En quoi Au cinéma ce soir est-il un hommage à vos parents ?

Jean-Marc Luisada : “Ce sont vraiment eux qui m’ont fait découvrir le cinéma très tôt, au point que j’y allais ensuite tout seul dès l’âge de 8 ou 9 ans, avant de les amener avec moi revoir un film qui m’avait particulièrement touché. Pendant le confinement, leur absence se faisait encore plus sentir pour moi, au point que j’ai décidé au bout d’un moment de ne plus me faire de peine et de concevoir ce disque devenu un récital.

La grande originalité de votre disque, c’est d’être autant cinéphile que mélomane, en faisant redécouvrir la musique classique à partir de films de Fellini, mais aussi André Delvaux ou John Huston…

Oui, j’allais vraiment tout voir, il n’y avait pas de censure, seulement le carré blanc pour les films à la télévision que je réussissais quand même à voir en me cachant dans un coin avec la complicité de mes parents. Je n’ai pas honte de dire que j’ai découvert la musique de Mahler avec Mort à Venise de Visconti qui venait de passer à Cannes…
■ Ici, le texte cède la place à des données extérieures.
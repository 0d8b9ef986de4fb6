-- ===== src/Stage3/Start.antt =====
-- `floppy_init` on a controller that starts as the manual has it.
use toy_bootloader.Common.{
  ℕ, ◌≤◌, ◌≡◌, refl, ap, ◌∙◌, true, false, none, some, List, [], ◌∷◌, ◌++◌, arith, ◌==◌,
  append_assoc, All, Bool, u8,
}
use toy_bootloader.Machine.{
  Trace, Event, inb, outb, idle, OnPort, Adds-invisible, Env, Machine, waiting, Handler, do_outb,
  set_interrupt, update,
}
use toy_bootloader.Serial.Defs.{printf}
use toy_bootloader.Serial.Ports.{IsCom, printf-OnLine}
use toy_bootloader.Dma.Chip.{Channel}
use toy_bootloader.Floppy.Types.{CheckInterruptRes, ReadtrackRes}
use toy_bootloader.Floppy.Status.{fpy_fifo, fpy_write_dor, fpy_write_dsr, fpy_motor_enable}
use toy_bootloader.Floppy.Block.{drive_head, fix_drive_data_block, configure_block, head_block}
use toy_bootloader.Floppy.Irq.{fpy_setup_idt, fpy_wait_irq}
use toy_bootloader.Floppy.Commands.{
  fpy_cmd_check_version, fpy_cmd_fix_drive_data, fpy_cmd_configure, fpy_cmd_calibrate_drive,
}
use toy_bootloader.Floppy.Polling.{fifo_writes}
use toy_bootloader.Floppy.Delivered.{IsByte}
use toy_bootloader.Floppy.Fifo.{fpy_send_command}
use toy_bootloader.Floppy.Observed.{puts_all, byte_seen}
use toy_bootloader.Floppy.Controller.{Phase, command, result, put, phase, IsDrive}
use toy_bootloader.Floppy.Reading.{IsReady}
use toy_bootloader.Floppy.Sensing.{
  View, view, put_view, view-Observer, Starts, At, command_sent, result_read, calibrated,
}
use toy_bootloader.Stage3.Drive.{head_params, floppy_init}
use Prim.Native.String.{String}

-- The controller does not see the console.
pub unseen : (e : Event) (t : Trace) → OnPort IsCom e → view (e ∷ t) ≡ view t
unfolding phase
unseen (inb p v) t h = let other : (p == fpy_fifo) ≡ false = ground (arith, h) in rw other refl
unseen (outb p v) t h = let other : (p == fpy_fifo) ≡ false = ground (arith, h) in rw other refl
unseen idle t h = refl

pub logged :
    (env : Env) (line : String) (m : Machine) (ws : List ℕ)
    → At m ws
    → (m' : Machine) × (printf env line [] m ≡ some (tt, m')) × At m' ws
logged env line m ws at =
    let d = printf-OnLine env line [] m in
    (
      record m { is_init = d.init; trace = d.trace },
      d.returns,
      record {
        received = at.received;
        state = at.state;
        handler = at.handler;
        seen = Adds-invisible IsCom view unseen d.adds ∙ at.seen;
      },
    )

-- The registers that start the motor.
pub motor_started :
    (env : Env) (m : Machine) (ws : List ℕ)
    → At m ws
    → (m1 m2 : Machine) × (fpy_write_dsr 3 m ≡ some (tt, m1))
      × (fpy_motor_enable env m1 ≡ some (tt, m2))
      × At m2 ws
unfolding fpy_write_dsr fpy_motor_enable fpy_write_dor do_outb phase
motor_started env m ws at = (
  _,
  _,
  refl,
  refl,
  record { received = at.received; state = at.state; handler = at.handler; seen = at.seen },
)

pub At-IsReady : (m : Machine) (ws : List ℕ) → At m ws → IsReady m
At-IsReady m ws at = record {
  received = at.received;
  handler = at.handler;
  start = ap (λ (v : View). v.0) at.seen;
}

pub At-writes : (m : Machine) (ws ws' : List ℕ) → At m ws → ws ≡ ws' → fifo_writes m.trace ≡ ws'
At-writes m ws ws' at e = ap (λ (v : View). v.1) at.seen ∙ e

module _ (env : Env) (fuel bound : ℕ) {initial : Channel} (disk : ℕ → ℕ → ℕ → ℕ → ℕ)
    (drive : IsDrive env initial bound disk) (starts : Starts env bound) (small : bound ≤ 1000)
    (enough : bound ≤ fuel) where
  version_checked :
      (m : Machine) (ws : List ℕ)
      → At m ws
      → (m' : Machine) × (fpy_cmd_check_version env m ≡ some (none, m')) × At m' (ws ++ (0x10 ∷ []))
  unfolding fpy_cmd_check_version
  version_checked m ws at =
      let (t, run, seen) =
        byte_seen View view put_view view-Observer env bound drive.answers small 0x10 m
          (omega arith) in
      let (t', now, (run', seen')) =
        result_read env fuel bound disk drive starts small enough (record m { trace = t })
          (result (0x10 ∷ []) 1) (ws ++ (0x10 ∷ [])) (seen ∙ ap (λ v. put_view v 0x10) at.seen) in
      let ok = starts.version t' now in
      (
        record m { trace = inb fpy_fifo (u8 (env.read t' fpy_fifo)) ∷ t' },
        ground (arith, run, run', ok),
        record { received = at.received; state = at.state; handler = at.handler; seen = seen' },
      )

  sent :
      (cmd : List ℕ) (mrq : Bool) (m : Machine) (ws : List ℕ)
      → All IsByte cmd
      → puts_all put (command []) cmd ≡ command []
      → At m ws
      → (m' : Machine) × (fpy_send_command env fuel cmd mrq m ≡ some (none, m')) × At m' (ws ++ cmd)
  sent cmd mrq m ws fits ends at =
      let (t, run, seen) =
        command_sent env fuel bound disk drive starts small enough cmd mrq m ws (command []) fits
          ends at.seen in
      (
        record m { trace = t },
        run,
        record { received = at.received; state = at.state; handler = at.handler; seen = seen },
      )

  -- A calibration of a head, and the wait for its interrupt.
  calibrates :
      (u : CheckInterruptRes) (head : ℕ) (m : Machine) (ws : List ℕ)
      → At m ws
      → (m1 m2 : Machine) × (fpy_cmd_calibrate_drive env fuel (head_params env head) m
          ≡ some (none, m1))
        × (fpy_wait_irq env fuel u m1 ≡ some (none, m2))
        × At m2 ((ws ++ (0x7 ∷ drive_head env.props.drive_number head ∷ [])) ++ (0x8 ∷ []))
  unfolding fpy_cmd_calibrate_drive head_block drive_head
  calibrates u head m ws at =
      let v = drive_head env.props.drive_number head in
      let (m1, run1, at1) = sent (0x7 ∷ v ∷ []) false m ws (omega arith) refl at in
      let (m2, run2, at2) =
        calibrated env fuel bound disk drive starts small enough u m1 ws v at1 in
      (m1, m2, run1, run2, at2)

  -- On a drive in good order, whose controller has the version of the driver, raises an interrupt after
  -- each calibration and then reports no error, `floppy_init` returns: it has sent the version command,
  -- the drive data, the configuration and a calibration of each head, each calibration answered by the
  -- sense command of the interrupt handler, and nothing else. It begins and ends with no command under
  -- way and no request to the handler, and the driver is then set up as the copying of sectors needs
  -- it.
  pub floppy_init_lem :
      (u : CheckInterruptRes) (uninit : ReadtrackRes) (m : Machine)
      → m.fpy_irq_handle_state ≡ 0
      → phase m.trace ≡ command []
      → (m' : Machine) × (floppy_init env fuel u uninit m ≡ some (tt, m'))
        × IsReady m'
        × (m'.fpy_irq_handle_state ≡ 0)
        × (fifo_writes m'.trace
            ≡ fifo_writes m.trace
              ++ (0x10
                  ∷ 0x03
                  ∷ 0x85
                  ∷ 0x0A
                  ∷ 0x13
                  ∷ 0
                  ∷ 0x50
                  ∷ 0
                  ∷ 0x07
                  ∷ drive_head env.props.drive_number 0
                  ∷ 0x08
                  ∷ 0x07
                  ∷ drive_head env.props.drive_number 1
                  ∷ 0x08
                  ∷ []))
  unfolding floppy_init fpy_setup_idt set_interrupt fpy_cmd_fix_drive_data fpy_cmd_configure
      fix_drive_data_block configure_block
  floppy_init_lem u uninit m z start =
      let ws = fifo_writes m.trace in
      let m0 = record m {
        fpy_irq_received = waiting;
        idt_handlers_32 = update m.idt_handlers_32 38 Handler.fpy_interrupt_handler;
      } in
      let at0 : At m0 ws = record {
        received = refl;
        state = z;
        handler = ground arith;
        seen = ap (λ (f : Phase). (f, ws)) start;
      } in
      let (m1, run1, at1) = version_checked m0 ws at0 in
      let (m2, run2, at2) = logged env "| floppy : version ok\n" m1 _ at1 in
      let (m3, m4, run3, run4, at4) = motor_started env m2 _ at2 in
      let (m5, run5, at5) = sent (0x3 ∷ 0x85 ∷ 0x0A ∷ []) true m4 _ (omega arith) refl at4 in
      let (m6, run6, at6) = logged env "| floppy : fix drive data ok\n" m5 _ at5 in
      let (m7, run7, at7) = sent (0x13 ∷ 0 ∷ 0x50 ∷ 0 ∷ []) true m6 _ (omega arith) refl at6 in
      let (m8, run8, at8) = logged env "| floppy : configure ok\n" m7 _ at7 in
      let (m9, run9, at9) = logged env "| floppy : start calibrate\n" m8 _ at8 in
      let (m10, m11, run10, run11, at11) = calibrates u 0 m9 _ at9 in
      let (m12, m13, run12, run13, at13) = calibrates u 1 m11 _ at11 in
      let (m14, run14, at14) = logged env "| floppy : calibrate head ok\n" m13 _ at13 in
      (
        m14,
        ground (
          arith, run1, run2, run3, run4, run5, run6, run7, run8, run9, run10, run11, run12, run13,
          run14,
        ),
        At-IsReady m14 _ at14,
        at14.state,
        At-writes m14 _ _ at14 (simp append_assoc),
      )
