-- ===== src/Loaders/Table.antt =====
-- The last entries of stage 3's init table: those of stage3/floppy.c, and that of
-- stage3/copy_stage4.c behind them, as stage3/linker.ld orders them.
use toy_bootloader.Common.{ℕ, List, [], ◌∷◌, ◌++◌}
use toy_bootloader.Machine.{Env}
use toy_bootloader.Floppy.Types.{CheckInterruptRes, ReadtrackRes}
use toy_bootloader.Stage3.Drive.{floppy_init, floppy_dma, floppy_dma_setup_read, floppy_test}
use toy_bootloader.Loaders.Defs.{Init, Part, copy_stage4}

module _ (env : Env) (fuel : ℕ) (r : CheckInterruptRes) (uninit : ReadtrackRes) where
  abbrev pub init_entry : Init
  init_entry = record {
    name = "floppy_init";
    file = "floppy.c";
    fun = floppy_init env fuel r uninit;
  }

  abbrev pub dma_entry : Init
  dma_entry = record { name = "floppy_dma"; file = "floppy.c"; fun = floppy_dma env }

  abbrev pub read_entry : Init
  read_entry = record {
    name = "floppy_dma_setup_read";
    file = "floppy.c";
    fun = floppy_dma_setup_read env;
  }

  abbrev pub test_entry : Init
  test_entry = record {
    name = "floppy_test";
    file = "floppy.c";
    fun = floppy_test env fuel r uninit;
  }

  -- `INIT_ORDERED` of stage3/floppy.c.
  unfoldable pub floppy_entries : List Init
  floppy_entries = init_entry ∷ dma_entry ∷ read_entry ∷ test_entry ∷ test_entry ∷ []

  -- `INIT(copy_stage4)`
  abbrev pub copy_entry : Part → Init
  copy_entry part = record {
    name = "copy_stage4";
    file = "copy_stage4.c";
    fun = copy_stage4 env fuel r uninit part;
  }

  unfoldable pub disk_entries : Part → List Init
  unfolding floppy_entries
  disk_entries part = floppy_entries ++ (copy_entry part ∷ [])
Ma mère me racontait les films dans les lettres qu’elle m’écrivait. je pouvais donc les imaginer avant de les voir.

JEAN-MARC LUISADA

Je n’avais aucune idée de ce que j’allais voir enfant dans un cinéma d’Alès, bien avant mes études musicales. J’en suis sorti bouleversé. J’avais d’ailleurs vu Senso quelque temps auparavant, mais à la télévision, donc en noir et blanc ! C’était un autre monde… Quant à Rendez-vous à Bray d’André Delvaux sur la musique de Brahms, je l’ai d’abord découvert grâce à ma mère. Elle m’écrivait des lettres pour me raconter les films quand j’étais enfant. Je commençais donc par les imaginer avant de les voir…

Dans votre récital, vous mêlez musique et vidéo… Vous continuez d’aller voir des films aujourd’hui ?

Jean-Marc Luisada : Oui, le récital est vraiment conçu avec des vidéos créées par Julien Hancq, les droits des films n’étant pas accessibles… Sinon je dois parler beaucoup plus ! (rires) Je continue d’aller au cinéma. J’ai adoré récemment le film testament de Spielberg, The Fabelmans, dédié à ses parents, ou l’extraordinaire froideur de Tàr avec Cate Blanchett totalement possédée par son personnage. Mais j’utilise surtout les films pour enseigner à mes élèves. L’art cinématographique est beaucoup plus immédiat et direct que la musique. Quand un élève bute par exemple sur un adagio de Mozart parce qu’il est trop simple, je lui montre un film d’Ozu pour apprendre à être habité avec une grande économie de moyens. Et ça marche !

Vous avez choisi plusieurs films de Visconti ou Fellini pour votre récital. Avez-vous un goût particulier pour cette période du grand cinéma italien décadent ?

Vous m’avez cerné ! C’est vraiment le cinéma que je préfère. Mort à Venise et La Dolce Vita sont vraiment les films que j’ai le plus vus. Je peux y revenir autant de fois que je veux, comme les Préludes de Chopin ou la Passion selon Saint-Matthieu de Bach, ils sont toujours de plus en plus beaux avec le temps.”

Jean-Marc Luisada, Au cinéma ce soir. Mardi 24 octobre à 20h à l’Opéra de Lyon, Lyon 1er, dans le cadre de Piano à Lyon (1h40 avec entracte). De 10 à 52 €. Disque paru chez La Dolce Volta.